On June 8, 2018, Dr. Martin Young, Professor and Jeanne V. Marks Endowed Chair of Cardiovascular Disease at UAB, presented his advice on how to write a successful NIH R grant at our June Training Interdisciplinary & Emerging Research Scholars (TIERS) session. He drew from his experience writing several funded R grants as well as serving as a reviewer on numerous NIH study sections.
His top tip? Let the science lead the way! “Applications must focus on a significant area of research and address impactful questions,” he said. Grant writers should focus on new or paradigm shifting concepts and avoid proposing incremental “follow-up” work.
We list several other tips below.
Align your research with NIH and IC-specific missions. NIH comprises 27 Institutes and Centers (ICs). Begin by looking at their missions to determine which best fits with your research idea. Then contact a scientific research officer (SRO) there to discuss how to pitch your research and ask for advice on the best possible study section that would fit with those ideas. Then talk to UAB investigators who have served on that study section and/or seek out examples of grants that were scored well by that section
[Editor’s note: Start with the CCTS Grant Library, we have numerous examples of funded NIH R grants!].
Spend time on the specific aims page, it should be a “work of art.” First impressions last, and you want to excite reviewers, make them want to read the rest of your application. Don’t get hung up on cramming it all in to one page. Both layout and content matter. Write using plain language so that all members of the study section can grasp the science. Focus primarily on Significance, Rationale, Hypothesis, and Impact. Address the “Big Picture”—what is the relevance of your work to human health? What gaps in knowledge will your research fill?
Do not propose too many aims. Two to three aims is typical for an R01. Try to make the aims appealing to a broad audience, including basic scientists, clinicians, and other translational researchers. One way to approach specific aims is to address what is normal with Aim 1, what is broken in Aim 2, and a way to fix it with Aim 3. Include at least two of these three foci.

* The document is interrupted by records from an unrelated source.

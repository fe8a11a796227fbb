-- ===== src/Daemon/Firewall/Sequence.antt =====
-- The sequences of calls of daemon/pkg/network/firewall/iptables.go that meet no error.
use yaghan.Base.{
  Bool-cases, true, false, arith, ℕ, ◌≡◌, ◌⊎◌, refl, ap, Option, none, some, inl, inr,
}
use yaghan.Daemon.Firewall.Rules.{Rule}
use yaghan.Daemon.Firewall.{
  Chain, Tables, FirewallError, Kernel, appended, with_set, with_chain, checked, iptables_failed,
  ipset_failed, new_chain, ensure_chain, Action, ◌>>◌, append_unique, ensure_sandbox_set,
}

seq_after :
    (m n : Action) (t : Tables) (e : Option FirewallError)
    → (m t).1 ≡ e
    → ((m >> n) t).1 ≡ none
    → (e ≡ none) × ((m >> n) t ≡ n (m t).0)
seq_after m n t none q h = (refl, rw (◌>>◌, q) refl)
seq_after m n t (some e) q h = ground arith

-- A sequence without an error runs both of its parts.
pub seq-succeeds :
    (m n : Action) (t : Tables)
    → ((m >> n) t).1 ≡ none
    → ((m t).1 ≡ none) × ((m >> n) t ≡ n (m t).0)
seq-succeeds m n t h = seq_after m n t (m t).1 refl h

module _ (kernel : Kernel) where
  pub append_unique_law :
      (chain : Chain) (r : Rule) (t : Tables)
      → (append_unique kernel chain r t ≡ (appended chain r t, none))
        ⊎ (append_unique kernel chain r t ≡ (t, some iptables_failed))
  unfolding append_unique
  append_unique_law chain r t = elim (kernel.append_unique_law chain r t) [
    | inl e ↦ inl (ap (checked iptables_failed) e)
    | inr e ↦ inr (ap (checked iptables_failed) e)
  ]

  pub ensure_sandbox_set_law :
      (i : ℕ) (t : Tables)
      → (ensure_sandbox_set kernel i t ≡ (with_set i t, none))
        ⊎ (ensure_sandbox_set kernel i t ≡ (t, some ipset_failed))
  unfolding ensure_sandbox_set
  ensure_sandbox_set_law i t = elim (kernel.ensure_set_law i t) [
    | inl e ↦ inl (ap (checked ipset_failed) e)
    | inr e ↦ inr (ap (checked ipset_failed) e)
  ]

  pub new_chain_law :
      (chain : Chain) (t : Tables)
      → (new_chain kernel chain t ≡ (with_chain chain t, none))
        ⊎ (new_chain kernel chain t ≡ (t, some iptables_failed))
  unfolding new_chain
  new_chain_law chain t = elim (kernel.new_chain_law chain t) [
    | inl e ↦ inl (ap (checked iptables_failed) e)
    | inr e ↦ inr (ap (checked iptables_failed) e)
  ]

  -- ensure_chain finds the chain, makes it, or cannot look.
  pub ensure_chain_law :
      (chain : Chain) (t : Tables)
      → ((t.exists chain ≡ true) × (ensure_chain kernel chain t ≡ (t, none)))
        ⊎ ((ensure_chain kernel chain t ≡ new_chain kernel chain t) × (t.exists chain ≡ false)
            ⊎ (ensure_chain kernel chain t ≡ (t, some iptables_failed)))
  unfolding ensure_chain
  ensure_chain_law chain t = elim (kernel.chain_exists_law chain t) [
    | inl e ↦ elim (Bool-cases (t.exists chain)) [
      | inl there ↦ inl (there, rw (ensure_chain, e, there) refl)
      | inr absent ↦ inr (inl (rw (ensure_chain, e, absent) refl, absent))
    ]
    | inr e ↦ inr (inr (rw (ensure_chain, e) refl))
  ]

  pub append_unique-succeeds :
      (chain : Chain) (r : Rule) (t : Tables)
      → (append_unique kernel chain r t).1 ≡ none
      → append_unique kernel chain r t ≡ (appended chain r t, none)
  append_unique-succeeds chain r t h = elim (append_unique_law chain r t) [
    | inl e ↦ e
    | inr e ↦ cc (ap (λ q. q.1) e)
  ]

  pub ensure_sandbox_set-rules :
      (i : ℕ) (t : Tables) → (ensure_sandbox_set kernel i t).0.rules ≡ t.rules
  ensure_sandbox_set-rules i t = elim (ensure_sandbox_set_law i t) [
    | inl e ↦ rw e refl
    | inr e ↦ rw e refl
  ]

Write with your reader in mind. It is easy to lose readers with verbose or meandering passages. Construct a clear and logical pathway from thought to thought. Each sentence should have one major concept, key concepts should be given ample explanation, and paragraphs should end with a summary, direction, or question. “Tell a story that is interesting, accurate, and easily understood,” Young said.
Images convey more than words. Make a reviewer’s life easier by breaking text up with appropriate figures, which should be easy to grasp without a legend. This is especially appreciated in the methodological section, where a chart showing feasibility data results or a flow diagram can go a long way to communicate the details of your approach. Just be careful not to include so many figures that they overpower the narrative.
Take advantage of internal review panels. Ask multiple colleagues to review the application well in advance of submission. Provide enough time to receive and incorporate feedback.
[Editor’s note: CCTS offers several scientific review panels for wherever you are in the grant development process. Our panel recipients enjoy a success rate that is three times the NIH funding line.]
Young also provided a list of “recurrent, avoidable, potentially fatal flaws.” These included aims that are interdependent and insufficient preliminary data. His conclusion offered several additional “tricks of the trade,” such as how to make basic science appear translational.